## Record extracts
-- ===== src/Store/Jito/Last.antt =====
-- store/src/validators_jito.rs: `get_last_mev_info`, `get_last_priority_fee_info` and
-- `get_last_jito_info`. What the queries read is given: the tables' rows and the greatest epoch of
-- `cluster_info`, none if it is empty; a query's error takes the place of its rows. The comparison
-- `epoch > last_epoch - epochs` is of signed NUMERICs, so `epochs` stands on the other side here.
pub mod Joined
use delegation_strategy.Prelude.{
  map_option, ℕ, ◌+◌, String, Bool, false, Option, none, some, List, [], ◌∷◌, HashMap, keys, map,
  filter_map, keep, ltb, if◌then◌else◌, holds, get, insert, add, string_discrete, ℕ_discrete,
  pair_discrete, u64_mod,
}
use delegation_strategy.Store.Query.{Result, ok, err, and_then, map_rows}
use delegation_strategy.Store.Dto.Scalars.{Decimal}
use delegation_strategy.Store.Dto.Rows.{ValidatorJitoMevInfo, ValidatorJitoPriorityFeeInfo}
use delegation_strategy.Store.Dto.Records.{JitoMevRecord, JitoPriorityFeeRecord, JitoRecord}

-- WHERE epoch > cluster.last_epoch - $1, false where the last epoch is NULL.
abbrev pub in_window : Option Decimal → ℕ → Decimal → Bool
in_window none epochs epoch = false
in_window (some last_epoch) epochs epoch = ltb last_epoch (epoch + epochs)

-- The vote account and the epoch of a row.
module _ {I : Type 0} (vote_account : I → String) (epoch_of : I → Decimal) where
  -- The row of the greatest epoch; of rows of one epoch, the first.
  abbrev pub newest_of : Option I → I → I
  newest_of none r = r
  newest_of (some s) r = if ltb (epoch_of r) (epoch_of s) then s else r

  unfoldable pub newest : List I → Option I
  newest [] = none
  newest (r ∷ rs) = some (newest_of (newest rs) r)

  unfoldable pub accounts : List I → List String
  accounts [] = []
  accounts (r ∷ rs) = add string_discrete (vote_account r) (accounts rs)

  -- ROW_NUMBER() OVER (PARTITION BY vote_account ORDER BY epoch DESC) = 1
  unfoldable pub last_rows : Option Decimal → ℕ → List I → List I
  unfolding newest accounts
  last_rows last_epoch epochs rows =
      let filtered = keep (λ r. in_window last_epoch epochs (epoch_of r)) rows in
      filter_map (λ va. newest (keep (λ r. holds (string_discrete (vote_account r) va)) filtered))
        (accounts filtered)

abbrev pub mev_record : ValidatorJitoMevInfo → JitoMevRecord
mev_record r = record {
  epoch = r.epoch;
  vote_account = r.vote_account;
  mev_commission_bps = r.mev_commission;
}

abbrev pub priority_fee_record : ValidatorJitoPriorityFeeInfo → JitoPriorityFeeRecord
priority_fee_record r = record {
  epoch = r.epoch;
  priority_commission_bps = r.priority_commission;
  vote_account = r.vote_account;
  total_lamports_transferred = r.total_lamports_transferred;
}

-- The two maps are keyed by the vote account and the epoch.
abbrev pub Key : Type 0
Key = String × Decimal

unfoldable pub key_discrete : Discrete Key
unfolding pair_discrete
key_discrete = pair_discrete string_discrete ℕ_discrete

unfoldable pub index : {R : Type 0} → (R → Key) → List R → HashMap Key R → HashMap Key R
index key [] m = m
index key (r ∷ rs) m = index key rs (insert key_discrete (key r) r m)

unfoldable pub extend : List Key → List Key → List Key
extend [] all_keys = all_keys
extend (k ∷ ks) all_keys = extend ks (add key_discrete k all_keys)

abbrev pub mev_key : JitoMevRecord → Key
mev_key r = (r.vote_account, r.epoch)

abbrev pub priority_fee_key : JitoPriorityFeeRecord → Key
priority_fee_key r = (r.vote_account, r.epoch)

abbrev pub joined_record : Option JitoMevRecord → Option JitoPriorityFeeRecord → Key → JitoRecord
joined_record mev fee k = record {
  epoch = k.1;
  vote_account = k.0;
  mev_commission_bps = map_option (λ r. r.mev_commission_bps) mev;
  priority_commission_bps = map_option (λ r. r.priority_commission_bps) fee;
  priority_total_lamports_transferred = map_option (λ r. r.total_lamports_transferred) fee;
}

unfoldable pub combine_records : List JitoMevRecord → List JitoPriorityFeeRecord → List JitoRecord
unfolding index extend
combine_records mev_records priority_fee_records =
    let mev_map = index mev_key mev_records [] in
    let priority_fee_map = index priority_fee_key priority_fee_records [] in
    let all_keys = extend (keys priority_fee_map) (extend (keys mev_map) []) in
    map (λ k. joined_record (get key_discrete k mev_map) (get key_discrete k priority_fee_map) k)
      all_keys

module _ {E : Type 0} (last_epoch : Option Decimal) (epochs : ℕ) where
  unfoldable pub get_last_mev_info :
      Result E (List ValidatorJitoMevInfo) → Result E (List JitoMevRecord)
  unfolding last_rows
  get_last_mev_info table = and_then table (λ rows.
      map_rows (λ r. ok (mev_record r))
        (last_rows (λ r. r.vote_account) (λ r. r.epoch) last_epoch epochs rows))

  -- The lamports have to fit a u64; `out_of_range` is the error where they do not.
  unfoldable pub get_last_priority_fee_info :
      E → Result E (List ValidatorJitoPriorityFeeInfo) → Result E (List JitoPriorityFeeRecord)
  unfolding last_rows
  get_last_priority_fee_info out_of_range table = and_then table (λ rows.
      map_rows
        (λ r.
          if ltb r.total_lamports_transferred u64_mod
          then ok (priority_fee_record r)
          else err out_of_range)
        (last_rows (λ r. r.vote_account) (λ r. r.epoch) last_epoch epochs rows))

  -- The two queries run together; if both fail, the first one's error is taken here.
  unfoldable pub get_last_jito_info :
      E
      → Result E (List ValidatorJitoMevInfo)
      → Result E (List ValidatorJitoPriorityFeeInfo)
      → Result E (List JitoRecord)
  unfolding get_last_mev_info get_last_priority_fee_info combine_records
  get_last_jito_info out_of_range mev_table priority_fee_table =
      and_then (get_last_mev_info mev_table) (λ mev_records.
        and_then (get_last_priority_fee_info out_of_range priority_fee_table)
          (λ priority_fee_records. ok (combine_records mev_records priority_fee_records)))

## Requirement
Each record above must be transcribed exactly, and none may be skipped.

## Your response
-- ===== src/Store/Jito/Last.antt =====
-- store/src/validators_jito.rs: `get_last_mev_info`, `get_last_priority_fee_info` and
-- `get_last_jito_info`. What the queries read is given: the tables' rows and the greatest epoch of
-- `cluster_info`, none if it is empty; a query's error takes the place of its rows. The comparison
-- `epoch > last_epoch - epochs` is of signed NUMERICs, so `epochs` stands on the other side here.
pub mod Joined
use delegation_strategy.Prelude.{
  map_option, ℕ, ◌+◌, String, Bool, false, Option, none, some, List, [], ◌∷◌, HashMap, keys, map,
  filter_map, keep, ltb, if◌then◌else◌, holds, get, insert, add, string_discrete, ℕ_discrete,
  pair_discrete, u64_mod,
}
use delegation_strategy.Store.Query.{Result, ok, err, and_then, map_rows}
use delegation_strategy.Store.Dto.Scalars.{Decimal}
use delegation_strategy.Store.Dto.Rows.{ValidatorJitoMevInfo, ValidatorJitoPriorityFeeInfo}
use delegation_strategy.Store.Dto.Records.{JitoMevRecord, JitoPriorityFeeRecord, JitoRecord}

-- WHERE epoch > cluster.last_epoch - $1, false where the last epoch is NULL.
abbrev pub in_window : Option Decimal → ℕ → Decimal → Bool
in_window none epochs epoch = false
in_window (some last_epoch) epochs epoch = ltb last_epoch (epoch + epochs)

-- The vote account and the epoch of a row.
module _ {I : Type 0} (vote_account : I → String) (epoch_of : I → Decimal) where
  -- The row of the greatest epoch; of rows of one epoch, the first.
  abbrev pub newest_of : Option I → I → I
  newest_of none r = r
  newest_of (some s) r = if ltb (epoch_of r) (epoch_of s) then s else r

  unfoldable pub newest : List I → Option I
  newest [] = none
  newest (r ∷ rs) = some (newest_of (newest rs) r)

  unfoldable pub accounts : List I → List String
  accounts [] = []
  accounts (r ∷ rs) = add string_discrete (vote_account r) (accounts rs)

  -- ROW_NUMBER() OVER (PARTITION BY vote_account ORDER BY epoch DESC) = 1
  unfoldable pub last_rows : Option Decimal → ℕ → List I → List I
  unfolding newest accounts
  last_rows last_epoch epochs rows =
      let filtered = keep (λ r. in_window last_epoch epochs (epoch_of r)) rows in
      filter_map (λ va. newest (keep (λ r. holds (string_discrete (vote_account r) va)) filtered))
        (accounts filtered)

abbrev pub mev_record : ValidatorJitoMevInfo → JitoMevRecord
mev_record r = record {
  epoch = r.epoch;
  vote_account = r.vote_account;
  mev_commission_bps = r.mev_commission;
}

abbrev pub priority_fee_record : ValidatorJitoPriorityFeeInfo → JitoPriorityFeeRecord
priority_fee_record r = record {
  epoch = r.epoch;
  priority_commission_bps = r.priority_commission;
  vote_account = r.vote_account;
  total_lamports_transferred = r.total_lamports_transferred;
}

-- The two maps are keyed by the vote account and the epoch.
abbrev pub Key : Type 0
Key = String × Decimal

unfoldable pub key_discrete : Discrete Key
unfolding pair_discrete
key_discrete = pair_discrete string_discrete ℕ_discrete

unfoldable pub index : {R : Type 0} → (R → Key) → List R → HashMap Key R → HashMap Key R
index key [] m = m
index key (r ∷ rs) m = index key rs (insert key_discrete (key r) r m)

unfoldable pub extend : List Key → List Key → List Key
extend [] all_keys = all_keys
extend (k ∷ ks) all_keys = extend ks (add key_discrete k all_keys)

abbrev pub mev_key : JitoMevRecord → Key
mev_key r = (r.vote_account, r.epoch)

abbrev pub priority_fee_key : JitoPriorityFeeRecord → Key
priority_fee_key r = (r.vote_account, r.epoch)

abbrev pub joined_record : Option JitoMevRecord → Option JitoPriorityFeeRecord → Key → JitoRecord
joined_record mev fee k = record {
  epoch = k.1;
  vote_account = k.0;
  mev_commission_bps = map_option (λ r. r.mev_commission_bps) mev;
  priority_commission_bps = map_option (λ r. r.priority_commission_bps) fee;
  priority_total_lamports_transferred = map_option (λ r. r.total_lamports_transferred) fee;
}

unfoldable pub combine_records : List JitoMevRecord → List JitoPriorityFeeRecord → List JitoRecord
unfolding index extend
combine_records mev_records priority_fee_records =
    let mev_map = index mev_key mev_records [] in
    let priority_fee_map = index priority_fee_key priority_fee_records [] in
    let all_keys = extend (keys priority_fee_map) (extend (keys mev_map) []) in
    map (λ k. joined_record (get key_discrete k mev_map) (get key_discrete k priority_fee_map) k)
      all_keys

module _ {E : Type 0} (last_epoch : Option Decimal) (epochs : ℕ) where
  unfoldable pub get_last_mev_info :
      Result E (List ValidatorJitoMevInfo) → Result E (List JitoMevRecord)
  unfolding last_rows
  get_last_mev_info table = and_then table (λ rows.
      map_rows (λ r. ok (mev_record r))
        (last_rows (λ r. r.vote_account) (λ r. r.epoch) last_epoch epochs rows))

  -- The lamports have to fit a u64; `out_of_range` is the error where they do not.
  unfoldable pub get_last_priority_fee_info :
      E → Result E (List ValidatorJitoPriorityFeeInfo) → Result E (List JitoPriorityFeeRecord)
  unfolding last_rows
  get_last_priority_fee_info out_of_range table = and_then table (λ rows.
      map_rows
        (λ r.
          if ltb r.total_lamports_transferred u64_mod
          then ok (priority_fee_record r)
          else err out_of_range)
        (last_rows (λ r. r.vote_account) (λ r. r.epoch) last_epoch epochs rows))

  -- The two queries run together; if both fail, the first one's error is taken here.
  unfoldable pub get_last_jito_info :
      E
      → Result E (List ValidatorJitoMevInfo)
      → Result E (List ValidatorJitoPriorityFeeInfo)
      → Result E (List JitoRecord)
  unfolding get_last_mev_info get_last_priority_fee_info combine_records
  get_last_jito_info out_of_range mev_table priority_fee_table =
      and_then (get_last_mev_info mev_table) (λ mev_records.
        and_then (get_last_priority_fee_info out_of_range priority_fee_table)
          (λ priority_fee_records. ok (combine_records mev_records priority_fee_records)))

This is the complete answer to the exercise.